If a table migration is immediately followed by a batch which cannot be loaded for any reason, then a table could be left in an inconsistent state where a migration was partially applied. If this ever happened, then RDB Loader could get stuck on successive loads with error messages like:
Invalid operation: cannot alter column “CCCCCCC” of relation “XXXXXXX", target column size should be different; - SqlState: 0A000
With this new 4.3.0 release, the inconsistent state is still reachable (due to Redshift limitations), but the loader is robust to recover from it.
Redshift loader: Fix migrations for batches with multiple versions of the same schema
This bug could affect your pipeline if you load into Redshift with RDB Loader. The bug was introduced in version 1.3.0.
It is possible and completely allowed for a batch of events to contain multiple versions of the same schema, e.g. both 1-0-0
and 1-0-1
. However, because of this bug, the loader was in danger of trying to perform table migrations twice. This could result in an error message like (same error as in previous case):
Invalid operation: cannot alter column “CCCCCCC” of relation “XXXXXXX", target column size should be different; - SqlState: 0A000
or following one depending on schema migration.
Invalid operation: cannot add column “CCCCCCC” of relation “XXXXXXX", already exists; - SqlState: 0A000
This is fixed in the 4.3.0 release, and now the loader will not enter this failure state if a batch contains multiple versions of the same schema.

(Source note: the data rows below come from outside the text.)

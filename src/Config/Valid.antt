-- ===== src/Config/Valid.antt =====
-- What a valid table of src/ft_system/common/config.py is, and what the checks of single fields let
-- pass.
use fall2026_18749_project.Prelude.{
  ℕ, zero, suc, ◌≤◌, ◌≡◌, ◌≢◌, ◌⊎◌, String, true, false, [], arith,
}
use fall2026_18749_project.Text.{is_blank}
use fall2026_18749_project.Value.{
  ℤ, pos, negsuc, Float, Value, none_value, bool, int, float, str, list, dict,
}
use fall2026_18749_project.Result.{Result, ok, err, overflow_error, after_bind}
use fall2026_18749_project.StateMachine.{distinct}
use fall2026_18749_project.Config.{
  ServerConfig, ClientConfig, LfdConfig, GfdConfig, non_empty_string, port_of, is_positive,
  positive_number, leb_float,
}

-- `to_float` gives a positive float for a positive integer, where it gives one.
abbrev pub KeepsSign : (ℤ → Result Float) → Type 0
KeepsSign to_float = (n : ℕ) (x : Float) → to_float (pos (suc n)) ≡ ok x → is_positive x ≡ true

-- `float(i)` returns, or `i` is too large and it raises OverflowError.
abbrev pub OnlyOverflows : (ℤ → Result Float) → Type 0
OnlyOverflows to_float =
    (i : ℤ) → ((x : Float) × (to_float i ≡ ok x)) ⊎ (to_float i ≡ err overflow_error)

abbrev pub IsPort : ℕ → Type 0
IsPort n = (1 ≤ n) × (n ≤ 65535)

pub record IsServer (k : String) (s : ServerConfig) : Type 0 where
  pub key : s.replica_id ≡ k
  pub named : is_blank k ≡ false
  pub bind_host : is_blank s.bind_host ≡ false
  pub advertised_host : is_blank s.advertised_host ≡ false
  pub client_port : IsPort s.client_port
  pub heartbeat_port : IsPort s.heartbeat_port
  pub distinct_ports : s.client_port ≢ s.heartbeat_port

pub record IsClient (k : String) (c : ClientConfig) : Type 0 where
  pub key : c.client_id ≡ k
  pub named : is_blank k ≡ false
  pub some_server : c.server_ids ≢ []
  pub unique_servers : distinct c.server_ids ≡ true
  pub connect_timeout : is_positive c.connect_timeout ≡ true
  pub read_timeout : is_positive c.read_timeout ≡ true

pub record IsDetector (k : String) (l : LfdConfig) : Type 0 where
  pub key : l.lfd_id ≡ k
  pub named : is_blank k ≡ false
  pub heartbeat_freq : is_positive l.heartbeat_freq ≡ true
  pub connect_timeout : is_positive l.connect_timeout ≡ true
  pub read_timeout : is_positive l.read_timeout ≡ true
  pub initial_backoff : is_positive l.initial_backoff ≡ true
  pub max_backoff : is_positive l.max_backoff ≡ true
  pub ordered : leb_float l.initial_backoff l.max_backoff ≡ true

pub record IsGfd (g : GfdConfig) : Type 0 where
  pub bind_host : is_blank g.bind_host ≡ false
  pub advertised_host : is_blank g.advertised_host ≡ false
  pub port : IsPort g.port
  pub heartbeat_freq : is_positive g.heartbeat_freq ≡ true
  pub read_timeout : is_positive g.read_timeout ≡ true

pub non_empty_string-eq-ok :
    (v : Value) (field s : String)
    → non_empty_string v field ≡ ok s
    → (v ≡ str s) × (is_blank s ≡ false)
unfolding non_empty_string
non_empty_string-eq-ok (str t) field s h = ground arith
non_empty_string-eq-ok none_value field s h = cc
non_empty_string-eq-ok (bool b) field s h = cc
non_empty_string-eq-ok (int i) field s h = cc
non_empty_string-eq-ok (float x) field s h = cc
non_empty_string-eq-ok (list xs) field s h = cc
non_empty_string-eq-ok (dict m) field s h = cc

pub port_of-eq-ok : (v : Value) (field : String) (n : ℕ) → port_of v field ≡ ok n → IsPort n
unfolding port_of
port_of-eq-ok (int (pos m)) field n h = ground arith
port_of-eq-ok (int (negsuc m)) field n h = cc
port_of-eq-ok none_value field s h = cc
port_of-eq-ok (bool b) field s h = cc
port_of-eq-ok (str i) field s h = cc
port_of-eq-ok (float x) field s h = cc
port_of-eq-ok (list xs) field s h = cc
port_of-eq-ok (dict m) field s h = cc

module _ (to_float : ℤ → Result Float) (keeps : KeepsSign to_float) where
  pub positive_number-eq-ok :
      (v : Value) (field : String) (x : Float)
      → positive_number to_float v field ≡ ok x
      → is_positive x ≡ true
  unfolding positive_number
  positive_number-eq-ok (int (pos (suc n))) field x h =
      after_bind (to_float (pos (suc n))) _ h (λ y e rest. ground (arith, keeps n y e))
  positive_number-eq-ok (int (pos zero)) field x h =
      after_bind (to_float (pos zero)) _ h (λ y e rest. cc)
  positive_number-eq-ok (int (negsuc n)) field x h =
      after_bind (to_float (negsuc n)) _ h (λ y e rest. cc)
  positive_number-eq-ok (float y) field x h = ground arith
  positive_number-eq-ok none_value field s h = cc
  positive_number-eq-ok (bool b) field s h = cc
  positive_number-eq-ok (str i) field s h = cc
  positive_number-eq-ok (list xs) field s h = cc
  positive_number-eq-ok (dict m) field s h = cc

Snowflake loader: Configure folder monitoring without a stage, while doing loading with a stage
This is a new feature you can benefit from if you load into Snowflake with RDB Loader. The Snowflake loader allows two alternative methods for authentication between the warehouse and the S3 bucket: either using Snowflake storage integration, or using temporary credentials generated with AWS STS. Previously, you were forced to pick the same method for loading events and for folder monitoring. With this change, it is possible to use the storage integration for loading events, but temporary credentials for folder monitoring. This is beneficial if you want the faster load times from using a storage integration, but do not want to go through the overhead of setting up a storage integration just for folder monitoring.

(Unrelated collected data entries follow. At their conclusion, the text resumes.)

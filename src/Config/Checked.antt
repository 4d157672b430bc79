-- ===== src/Config/Checked.antt =====
-- What the parsers of src/ft_system/common/config.py let pass, table by table.
use Prim.Native.String.{◌++◌}
use fall2026_18749_project.Prelude.{
  ℕ, ◌≡◌, ◌≢◌, subst, String, true, false, not, List, [], nat_eq, arith,
}
use fall2026_18749_project.Text.{is_blank}
use fall2026_18749_project.Value.{
  ℤ, Float, Value, none_value, bool, int, float, str, list, dict, Items, nil, cons, Fields, get,
}
use fall2026_18749_project.Result.{Result, ok, ◌>>=◌, after_bind, after_guard}
use fall2026_18749_project.StateMachine.{distinct}
use fall2026_18749_project.Config.{
  ServerConfig, ClientConfig, LfdConfig, GfdConfig, non_empty_string, port_of, is_positive,
  positive_number, required, leb_float, section,
}
use fall2026_18749_project.Config.Tables.{
  table_of, parse_server, strings_of, server_ids_of, parse_client, parse_lfd,
}
use fall2026_18749_project.Config.Deployment.{parse_gfd}
use fall2026_18749_project.Config.Valid.{
  KeepsSign, IsPort, IsServer, IsClient, IsDetector, IsGfd, non_empty_string-eq-ok, port_of-eq-ok,
  positive_number-eq-ok,
}

module _ {B : Type 0} {b : B} {C : Type 0} where
  after_string :
      (v : Value) (field : String) (f : String → Result B)
      → (non_empty_string v field >>= f) ≡ ok b
      → ((s : String) → v ≡ str s → is_blank s ≡ false → f s ≡ ok b → C)
      → C
  after_string v field f h next =
      after_bind (non_empty_string v field) f h (λ s e rest.
        let (same, named) = non_empty_string-eq-ok v field s e in next s same named rest)

  after_port :
      (v : Value) (field : String) (f : ℕ → Result B)
      → (port_of v field >>= f) ≡ ok b
      → ((n : ℕ) → IsPort n → f n ≡ ok b → C)
      → C
  after_port v field f h next =
      after_bind (port_of v field) f h (λ n e rest. next n (port_of-eq-ok v field n e) rest)

module _ {B : Type 0} {b : B} {C : Type 0} (to_float : ℤ → Result Float)
    (keeps : KeepsSign to_float) where
  after_number :
      (v : Value) (field : String) (f : Float → Result B)
      → (positive_number to_float v field >>= f) ≡ ok b
      → ((x : Float) → is_positive x ≡ true → f x ≡ ok b → C)
      → C
  after_number v field f h next =
      after_bind (positive_number to_float v field) f h
        (λ x e rest. next x (positive_number-eq-ok to_float keeps v field x e) rest)

pub parse_server-IsServer :
    (k : String) (raw : Value) (s : ServerConfig) → parse_server k raw ≡ ok s → IsServer k s
unfolding parse_server
parse_server-IsServer k raw s h = after_string (str k) "replica_id" _ h λ id same named h.
    after_bind (table_of raw ("server " ++ id)) _ h λ table _ h.
      after_bind (required table "client_port" ("server " ++ id)) _ h λ v _ h.
        after_port v "client_port" _ h λ p client_port h.
          after_bind (required table "heartbeat_port" ("server " ++ id)) _ h λ v _ h.
            after_port v "heartbeat_port" _ h λ q heartbeat_port h.
              after_guard (not (nat_eq p q)) _ _ h λ differ h.
                after_bind (required table "bind_host" ("server " ++ id)) _ h λ v _ h.
                  after_string v "bind_host" _ h λ bind _ bind_host h.
                    after_bind (required table "advertised_host" ("server " ++ id)) _ h λ v _ h.
                      after_string v "advertised_host" _ h λ advertised _ advertised_host h.
                        ground (arith, client_port, heartbeat_port)

strings_of-not_empty :
    (v : Value) (vs : Items) (field : String) (ids : List String)
    → strings_of (cons v vs) field ≡ ok ids
    → ids ≢ []
unfolding strings_of
strings_of-not_empty v vs field ids h =
    after_bind (non_empty_string v field) _ h
      λ s _ h. after_bind (strings_of vs field) _ h λ rest _ h. ground arith

server_ids_of-eq-ok :
    (v : Value) (client_id : String) (ids : List String)
    → server_ids_of v client_id ≡ ok ids
    → (ids ≢ []) × (distinct ids ≡ true)
unfolding server_ids_of
server_ids_of-eq-ok (list (cons v vs)) client_id ids h =
    after_bind (strings_of (cons v vs) _) _ h λ found e h.
      after_guard (distinct found) _ _ h λ unique h.
        let some_id = strings_of-not_empty v vs _ found e in
        let same : found ≡ ids = cc in
        (
          subst (λ (u : List String). u ≢ []) same some_id,
          subst (λ (u : List String). distinct u ≡ true) same unique,
        )
server_ids_of-eq-ok (list nil) client_id ids h = cc
server_ids_of-eq-ok none_value field s h = cc
server_ids_of-eq-ok (bool b) field s h = cc
server_ids_of-eq-ok (int i) field s h = cc
server_ids_of-eq-ok (str i) field s h = cc
server_ids_of-eq-ok (float x) field s h = cc
server_ids_of-eq-ok (dict m) field s h = cc

pub ok_inj : {A : Type 0} (P : A → Type 0) (a b : A) → ◌≡◌ {A = Result A} (ok a) (ok b) → P a → P b
ok_inj P a b h p = let same : a ≡ b = cc in subst P same p

module _ (to_float : ℤ → Result Float) (keeps : KeepsSign to_float) where
  pub parse_client-IsClient :
      (k : String) (raw : Value) (c : ClientConfig)
      → parse_client to_float k raw ≡ ok c
      → IsClient k c
  unfolding parse_client
  parse_client-IsClient k raw c h = after_string (str k) "client_id" _ h λ id same named h.
      after_bind (table_of raw _) _ h λ table _ h.
        after_bind (required table "server_ids" _) _ h λ v _ h.
          after_bind (server_ids_of v id) _ h λ ids found h.
            after_bind (required table "connect_timeout" _) _ h λ v _ h.
              after_number to_float keeps v "connect_timeout" _ h λ connect connect_timeout h.
                after_bind (required table "read_timeout" _) _ h λ w _ h.
                  after_number to_float keeps w "read_timeout" _ h λ read read_timeout h.
                    let (some_server, unique_servers) = server_ids_of-eq-ok _ id ids found in
                    ok_inj (IsClient k) _ c h (record {
                      key = cc;
                      named = cc;
                      some_server = some_server;
                      unique_servers = unique_servers;
                      connect_timeout = connect_timeout;
                      read_timeout = read_timeout;
                    })

  pub parse_lfd-IsDetector :
      (k : String) (raw : Value) (l : LfdConfig) → parse_lfd to_float k raw ≡ ok l → IsDetector k l
  unfolding parse_lfd
  parse_lfd-IsDetector k raw l h = after_string (str k) "lfd_id" _ h λ id same named h.
      after_bind (table_of raw _) _ h λ table _ h.
        after_number to_float keeps _ "initial_backoff" _ h λ initial initial_backoff h.
          after_number to_float keeps _ "max_backoff" _ h λ maximum max_backoff h.
            after_guard (leb_float initial maximum) _ _ h λ ordered h.
              after_bind (required table "server_id" _) _ h λ v _ h.
                after_string v "server_id" _ h λ server_id _ server_named h.
                  after_bind (required table "heartbeat_freq" _) _ h λ v _ h.
                    after_number to_float keeps v "heartbeat_freq" _ h λ freq heartbeat_freq h.
                      after_bind (required table "connect_timeout" _) _ h λ v _ h.
                        after_number to_float keeps v "connect_timeout" _ h
                          λ connect connect_timeout h.
                            after_bind (required table "read_timeout" _) _ h λ w _ h.
                              after_number to_float keeps w "read_timeout" _ h
                                λ read read_timeout h. ok_inj (IsDetector k) _ l h (record {
                                  key = cc;
                                  named = cc;
                                  ordered = ordered;
                                  heartbeat_freq = heartbeat_freq;
                                  initial_backoff = initial_backoff;
                                  max_backoff = max_backoff;
                                  connect_timeout = connect_timeout;
                                  read_timeout = read_timeout;
                                })

  pub parse_gfd-IsGfd :
      (document : Fields) (g : GfdConfig) → parse_gfd to_float document ≡ ok g → IsGfd g
  unfolding parse_gfd
  parse_gfd-IsGfd document g h = after_bind (section document "gfd") _ h λ raw _ h.
      after_string (get raw "bind_host") _ _ h λ bind _ bind_host h.
        after_string (get raw "advertised_host") _ _ h λ advertised _ advertised_host h.
          after_port (get raw "port") _ _ h λ n port h.
            after_number to_float keeps _ _ _ h λ freq heartbeat_freq h.
              after_number to_float keeps _ _ _ h λ read read_timeout h.
                ok_inj IsGfd _ g h (record {
                  bind_host = bind_host;
                  advertised_host = advertised_host;
                  port = port;
                  heartbeat_freq = heartbeat_freq;
                  read_timeout = read_timeout;
                })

Take a look at the github issue for more details on the different ways to configure the loader to use the different authentication methods.
Snowflake and Databricks loaders: Fix inserting timestamps with wrong timezone to manifest table
This is a low-impact bug that is not expected to have any detrimental effect on loading. It could affect your pipeline if you load into Snowflake or Databricks, and if your warehouse is set to have a non-UTC timezone by default.

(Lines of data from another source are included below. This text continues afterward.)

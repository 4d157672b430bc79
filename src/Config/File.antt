-- ===== src/Config/File.antt =====
-- src/ft_system/common/config.py: `load_config` from the path on. What `open` and `tomllib.load` make
-- of the file is an argument; `tomllib.load` also decodes the file, which may raise UnicodeDecodeError.
use Prim.Native.String.{◌++◌}
use fall2026_18749_project.Prelude.{String}
use fall2026_18749_project.Value.{ℤ, Float, Fields}
use fall2026_18749_project.Result.{Result, ok, err, config_error, value_error, ◌>>=◌}
use fall2026_18749_project.Config.{AppConfig}
use fall2026_18749_project.Config.Deployment.{load_config}

-- `unreadable` is an OSError, `bad_toml` a TOMLDecodeError, `undecodable` a UnicodeDecodeError.
pub data Opened : Type 0 where
  parsed : Fields → Opened
  unreadable bad_toml undecodable : (message : String) → Opened

unfoldable pub read_config : String → Opened → Result Fields
read_config path (parsed data_of) = ok data_of
read_config path (unreadable message) =
    err (config_error ("cannot read configuration " ++ path ++ ": " ++ message))
read_config path (bad_toml message) =
    err (config_error ("invalid TOML in " ++ path ++ ": " ++ message))
read_config path (undecodable message) = err (value_error message)

unfoldable pub load_file : (ℤ → Result Float) → String → Opened → Result AppConfig
load_file to_float path opened = read_config path opened >>= load_config to_float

This bug affects the manifest table, which is the table the loader uses to track which batches have been loaded already. Because of this bug, timestamps in the manifest table were stored using the default timezone of the warehouse, not UTC. This bug could only affect you in the unlikely case you use the manifest table for some other purpose.
Starting from this version 4.3.0 release, we now take care to insert timestamps with the UTC timezone.
Upgrading to 4.3.0
If you are already using a recent version of RDB Loader (3.0.0 or higher) then upgrading to 4.3.0 is as simple as pulling the newest docker images. There are no changes needed to your configuration files.
docker pull snowplow/transformer-kinesis:4.3.0
docker pull snowplow/rdb-loader-redshift:4.3.0
docker pull snowplow/rdb-loader-snowflake:4.3.0
docker pull snowplow/rdb-loader-databricks:4.3.0
The Snowplow docs site has a full guide to running the RDB Loader.